_Your objective_
Among the entries below, one line contains "m.uptr + length bs ≤ length m.buf" and another contains "length-append bs (drop". Transcribe those two lines and every line between them, exactly.

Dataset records
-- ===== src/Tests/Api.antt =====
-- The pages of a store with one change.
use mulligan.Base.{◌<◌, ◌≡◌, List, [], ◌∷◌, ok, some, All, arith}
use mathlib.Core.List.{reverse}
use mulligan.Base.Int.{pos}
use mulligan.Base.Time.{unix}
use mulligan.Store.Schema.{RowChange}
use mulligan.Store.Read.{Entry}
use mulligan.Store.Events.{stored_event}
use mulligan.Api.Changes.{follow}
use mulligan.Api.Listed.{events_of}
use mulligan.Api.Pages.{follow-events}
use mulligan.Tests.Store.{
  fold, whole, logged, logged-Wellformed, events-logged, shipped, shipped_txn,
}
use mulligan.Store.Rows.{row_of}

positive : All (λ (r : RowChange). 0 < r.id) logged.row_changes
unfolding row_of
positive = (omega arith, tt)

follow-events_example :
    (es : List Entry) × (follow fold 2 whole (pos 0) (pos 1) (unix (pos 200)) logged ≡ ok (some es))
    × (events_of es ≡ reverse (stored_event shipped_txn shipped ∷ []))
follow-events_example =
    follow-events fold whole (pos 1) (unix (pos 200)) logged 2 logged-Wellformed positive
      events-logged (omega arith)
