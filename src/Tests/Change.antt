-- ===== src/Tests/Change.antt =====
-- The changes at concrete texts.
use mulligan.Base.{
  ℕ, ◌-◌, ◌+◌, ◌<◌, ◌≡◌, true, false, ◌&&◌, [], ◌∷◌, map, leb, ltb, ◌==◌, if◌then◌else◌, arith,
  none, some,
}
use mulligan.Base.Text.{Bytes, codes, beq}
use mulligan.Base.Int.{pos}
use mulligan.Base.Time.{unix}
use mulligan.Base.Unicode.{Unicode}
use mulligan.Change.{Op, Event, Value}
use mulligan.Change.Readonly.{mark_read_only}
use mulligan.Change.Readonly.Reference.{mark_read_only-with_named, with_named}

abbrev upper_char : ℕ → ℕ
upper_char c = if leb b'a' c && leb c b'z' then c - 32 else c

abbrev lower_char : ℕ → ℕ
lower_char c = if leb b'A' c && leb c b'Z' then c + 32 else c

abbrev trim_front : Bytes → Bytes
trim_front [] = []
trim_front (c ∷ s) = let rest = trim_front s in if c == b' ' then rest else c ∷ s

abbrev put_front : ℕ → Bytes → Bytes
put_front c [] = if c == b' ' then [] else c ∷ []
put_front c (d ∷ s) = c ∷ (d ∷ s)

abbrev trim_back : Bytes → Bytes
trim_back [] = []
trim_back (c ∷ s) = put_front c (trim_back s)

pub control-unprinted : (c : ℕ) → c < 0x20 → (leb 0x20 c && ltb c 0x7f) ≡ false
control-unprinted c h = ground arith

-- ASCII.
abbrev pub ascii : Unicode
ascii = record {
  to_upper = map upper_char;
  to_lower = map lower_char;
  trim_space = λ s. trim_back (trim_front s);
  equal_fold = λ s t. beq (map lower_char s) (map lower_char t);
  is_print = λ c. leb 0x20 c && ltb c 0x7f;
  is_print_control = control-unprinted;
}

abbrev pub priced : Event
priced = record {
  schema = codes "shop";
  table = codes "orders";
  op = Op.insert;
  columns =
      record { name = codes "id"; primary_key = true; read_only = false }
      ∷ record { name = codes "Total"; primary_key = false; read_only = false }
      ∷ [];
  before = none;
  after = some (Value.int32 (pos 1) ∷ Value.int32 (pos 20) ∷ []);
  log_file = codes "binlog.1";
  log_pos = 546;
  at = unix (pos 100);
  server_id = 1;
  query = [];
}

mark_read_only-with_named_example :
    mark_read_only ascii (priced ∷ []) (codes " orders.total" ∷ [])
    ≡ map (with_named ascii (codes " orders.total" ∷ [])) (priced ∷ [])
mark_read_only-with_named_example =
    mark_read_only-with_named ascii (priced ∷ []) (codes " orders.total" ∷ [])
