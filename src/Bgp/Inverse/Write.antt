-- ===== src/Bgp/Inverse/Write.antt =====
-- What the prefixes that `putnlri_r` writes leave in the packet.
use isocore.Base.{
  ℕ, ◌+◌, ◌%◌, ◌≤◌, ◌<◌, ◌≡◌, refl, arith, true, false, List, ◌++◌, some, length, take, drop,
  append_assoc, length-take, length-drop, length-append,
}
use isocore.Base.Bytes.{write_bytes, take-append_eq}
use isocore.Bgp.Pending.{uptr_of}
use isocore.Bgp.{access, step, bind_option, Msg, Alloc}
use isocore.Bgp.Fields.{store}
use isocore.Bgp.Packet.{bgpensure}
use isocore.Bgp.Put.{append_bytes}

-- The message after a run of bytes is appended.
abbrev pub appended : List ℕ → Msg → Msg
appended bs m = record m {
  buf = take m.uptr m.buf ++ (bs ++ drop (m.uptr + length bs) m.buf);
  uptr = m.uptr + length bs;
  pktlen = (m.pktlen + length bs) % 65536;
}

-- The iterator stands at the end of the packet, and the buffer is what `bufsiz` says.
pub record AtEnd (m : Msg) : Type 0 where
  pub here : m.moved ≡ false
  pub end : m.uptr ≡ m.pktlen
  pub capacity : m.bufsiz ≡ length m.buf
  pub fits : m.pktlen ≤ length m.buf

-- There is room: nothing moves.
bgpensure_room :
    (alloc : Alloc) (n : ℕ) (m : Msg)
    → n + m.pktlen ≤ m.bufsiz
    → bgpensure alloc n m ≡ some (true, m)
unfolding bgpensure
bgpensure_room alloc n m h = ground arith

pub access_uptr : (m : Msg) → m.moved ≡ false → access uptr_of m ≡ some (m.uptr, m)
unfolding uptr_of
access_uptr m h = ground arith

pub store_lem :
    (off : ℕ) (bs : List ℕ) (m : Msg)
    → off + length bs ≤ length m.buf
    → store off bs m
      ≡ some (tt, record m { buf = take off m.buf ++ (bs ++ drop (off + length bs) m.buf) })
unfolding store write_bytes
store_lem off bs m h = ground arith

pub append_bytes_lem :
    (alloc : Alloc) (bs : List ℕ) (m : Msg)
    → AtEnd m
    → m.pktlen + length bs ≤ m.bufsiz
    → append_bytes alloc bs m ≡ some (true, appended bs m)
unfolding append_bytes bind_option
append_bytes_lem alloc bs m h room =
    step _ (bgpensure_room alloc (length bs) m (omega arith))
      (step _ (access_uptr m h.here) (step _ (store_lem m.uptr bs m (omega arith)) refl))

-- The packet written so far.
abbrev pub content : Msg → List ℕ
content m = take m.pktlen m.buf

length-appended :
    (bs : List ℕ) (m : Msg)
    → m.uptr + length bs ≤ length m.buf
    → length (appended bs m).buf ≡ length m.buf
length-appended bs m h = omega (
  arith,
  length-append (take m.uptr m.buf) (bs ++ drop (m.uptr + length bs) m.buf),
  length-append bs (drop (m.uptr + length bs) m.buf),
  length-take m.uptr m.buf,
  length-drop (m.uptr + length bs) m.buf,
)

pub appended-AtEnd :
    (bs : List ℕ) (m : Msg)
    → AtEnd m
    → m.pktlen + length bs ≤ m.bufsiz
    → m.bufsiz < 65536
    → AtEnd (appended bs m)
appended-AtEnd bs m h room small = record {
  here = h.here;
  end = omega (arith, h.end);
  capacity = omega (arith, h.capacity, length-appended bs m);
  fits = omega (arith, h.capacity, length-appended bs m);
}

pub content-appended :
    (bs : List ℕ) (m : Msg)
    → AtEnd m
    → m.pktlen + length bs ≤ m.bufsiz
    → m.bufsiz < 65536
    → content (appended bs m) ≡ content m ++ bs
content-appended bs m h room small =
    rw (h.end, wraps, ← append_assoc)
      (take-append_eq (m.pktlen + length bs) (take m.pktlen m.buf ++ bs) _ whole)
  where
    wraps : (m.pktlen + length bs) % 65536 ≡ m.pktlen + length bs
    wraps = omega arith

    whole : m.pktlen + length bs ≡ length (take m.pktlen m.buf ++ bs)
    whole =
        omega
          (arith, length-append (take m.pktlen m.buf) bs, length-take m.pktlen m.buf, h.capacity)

_Answer to this problem_
    → m.uptr + length bs ≤ length m.buf
    → length (appended bs m).buf ≡ length m.buf
length-appended bs m h = omega (
  arith,
  length-append (take m.uptr m.buf) (bs ++ drop (m.uptr + length bs) m.buf),
  length-append bs (drop (m.uptr + length bs) m.buf),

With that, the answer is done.